Your task is to copy the stretch of lines in the records below that begins with the line containing "(t : Factory)" and ends with the line containing "apply_op-total env (remove_oracle a) s e = cc", exactly as written, with nothing added.

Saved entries
BEGIN
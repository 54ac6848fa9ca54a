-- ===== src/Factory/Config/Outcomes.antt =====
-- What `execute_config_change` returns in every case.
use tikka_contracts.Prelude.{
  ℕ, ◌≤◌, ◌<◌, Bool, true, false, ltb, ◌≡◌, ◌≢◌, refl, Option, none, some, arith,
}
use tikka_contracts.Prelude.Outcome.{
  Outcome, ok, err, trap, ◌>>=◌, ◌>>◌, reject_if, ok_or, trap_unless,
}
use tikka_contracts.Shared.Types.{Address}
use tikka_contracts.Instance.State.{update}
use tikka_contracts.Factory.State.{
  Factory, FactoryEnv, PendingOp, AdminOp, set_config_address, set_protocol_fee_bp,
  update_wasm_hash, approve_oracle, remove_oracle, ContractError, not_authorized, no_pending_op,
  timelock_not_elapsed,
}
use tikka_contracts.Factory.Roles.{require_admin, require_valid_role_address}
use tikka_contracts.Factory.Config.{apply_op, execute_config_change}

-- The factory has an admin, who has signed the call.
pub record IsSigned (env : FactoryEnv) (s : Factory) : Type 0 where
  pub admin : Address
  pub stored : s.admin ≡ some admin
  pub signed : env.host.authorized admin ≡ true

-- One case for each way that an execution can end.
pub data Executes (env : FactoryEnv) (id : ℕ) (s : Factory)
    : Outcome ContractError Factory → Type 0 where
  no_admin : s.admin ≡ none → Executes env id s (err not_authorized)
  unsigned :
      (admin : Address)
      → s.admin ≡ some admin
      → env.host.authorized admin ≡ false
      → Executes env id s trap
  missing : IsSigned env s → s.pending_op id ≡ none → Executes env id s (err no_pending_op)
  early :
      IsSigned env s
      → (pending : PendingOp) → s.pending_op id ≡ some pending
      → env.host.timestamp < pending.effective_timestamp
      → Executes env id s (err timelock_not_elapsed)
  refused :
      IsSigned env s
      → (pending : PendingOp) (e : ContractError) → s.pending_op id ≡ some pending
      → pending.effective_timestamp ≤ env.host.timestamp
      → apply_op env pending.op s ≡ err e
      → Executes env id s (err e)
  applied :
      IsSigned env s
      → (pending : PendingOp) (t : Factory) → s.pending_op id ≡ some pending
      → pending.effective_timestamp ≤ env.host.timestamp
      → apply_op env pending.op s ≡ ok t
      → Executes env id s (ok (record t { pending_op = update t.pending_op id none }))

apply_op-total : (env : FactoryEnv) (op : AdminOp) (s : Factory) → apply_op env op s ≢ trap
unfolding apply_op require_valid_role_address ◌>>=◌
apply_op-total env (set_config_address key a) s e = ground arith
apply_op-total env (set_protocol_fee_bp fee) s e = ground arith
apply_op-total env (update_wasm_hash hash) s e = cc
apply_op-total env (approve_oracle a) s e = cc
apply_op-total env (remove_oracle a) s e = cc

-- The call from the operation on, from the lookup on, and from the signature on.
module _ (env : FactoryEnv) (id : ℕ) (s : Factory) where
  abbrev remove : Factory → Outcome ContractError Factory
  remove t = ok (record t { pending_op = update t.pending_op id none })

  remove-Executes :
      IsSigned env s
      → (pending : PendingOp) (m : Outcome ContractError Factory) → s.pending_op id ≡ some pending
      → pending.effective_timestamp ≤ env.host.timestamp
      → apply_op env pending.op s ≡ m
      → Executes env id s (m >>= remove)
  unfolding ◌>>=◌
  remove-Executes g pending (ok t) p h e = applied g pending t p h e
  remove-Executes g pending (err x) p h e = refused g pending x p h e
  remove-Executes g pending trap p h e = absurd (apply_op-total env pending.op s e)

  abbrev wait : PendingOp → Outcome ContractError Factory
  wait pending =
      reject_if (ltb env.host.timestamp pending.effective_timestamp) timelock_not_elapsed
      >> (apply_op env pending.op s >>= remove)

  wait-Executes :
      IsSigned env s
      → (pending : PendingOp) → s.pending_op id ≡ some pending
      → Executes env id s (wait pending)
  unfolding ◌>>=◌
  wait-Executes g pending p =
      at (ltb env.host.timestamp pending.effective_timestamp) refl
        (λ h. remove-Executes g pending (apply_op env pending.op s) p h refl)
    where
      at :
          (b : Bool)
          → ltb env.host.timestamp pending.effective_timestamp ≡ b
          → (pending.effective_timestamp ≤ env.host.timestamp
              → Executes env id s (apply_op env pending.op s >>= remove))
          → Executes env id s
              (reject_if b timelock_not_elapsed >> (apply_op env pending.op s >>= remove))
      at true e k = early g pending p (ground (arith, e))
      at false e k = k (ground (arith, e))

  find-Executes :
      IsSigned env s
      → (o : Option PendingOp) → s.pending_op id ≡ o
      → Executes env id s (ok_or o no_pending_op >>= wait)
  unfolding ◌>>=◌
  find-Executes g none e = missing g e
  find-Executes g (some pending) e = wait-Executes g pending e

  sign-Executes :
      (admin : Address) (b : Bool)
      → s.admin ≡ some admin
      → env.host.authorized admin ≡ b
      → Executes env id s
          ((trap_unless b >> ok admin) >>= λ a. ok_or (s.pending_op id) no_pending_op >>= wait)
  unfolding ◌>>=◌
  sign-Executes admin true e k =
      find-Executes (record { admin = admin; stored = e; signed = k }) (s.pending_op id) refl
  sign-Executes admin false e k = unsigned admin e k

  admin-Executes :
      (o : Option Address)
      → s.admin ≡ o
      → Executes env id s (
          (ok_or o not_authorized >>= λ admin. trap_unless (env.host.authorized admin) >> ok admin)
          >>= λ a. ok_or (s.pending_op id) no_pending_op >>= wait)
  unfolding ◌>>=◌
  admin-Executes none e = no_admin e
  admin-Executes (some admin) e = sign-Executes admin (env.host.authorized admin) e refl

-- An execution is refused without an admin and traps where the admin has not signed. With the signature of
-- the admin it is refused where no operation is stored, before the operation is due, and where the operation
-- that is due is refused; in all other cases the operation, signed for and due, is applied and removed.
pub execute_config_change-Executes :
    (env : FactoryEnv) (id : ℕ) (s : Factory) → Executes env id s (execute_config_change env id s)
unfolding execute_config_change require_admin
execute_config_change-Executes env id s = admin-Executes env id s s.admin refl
END
EXERCISE OUTPUT
      → (pending : PendingOp) (t : Factory) → s.pending_op id ≡ some pending
      → pending.effective_timestamp ≤ env.host.timestamp
      → apply_op env pending.op s ≡ ok t
      → Executes env id s (ok (record t { pending_op = update t.pending_op id none }))

apply_op-total : (env : FactoryEnv) (op : AdminOp) (s : Factory) → apply_op env op s ≢ trap
unfolding apply_op require_valid_role_address ◌>>=◌
apply_op-total env (set_config_address key a) s e = ground arith
apply_op-total env (set_protocol_fee_bp fee) s e = ground arith
apply_op-total env (update_wasm_hash hash) s e = cc
apply_op-total env (approve_oracle a) s e = cc
apply_op-total env (remove_oracle a) s e = cc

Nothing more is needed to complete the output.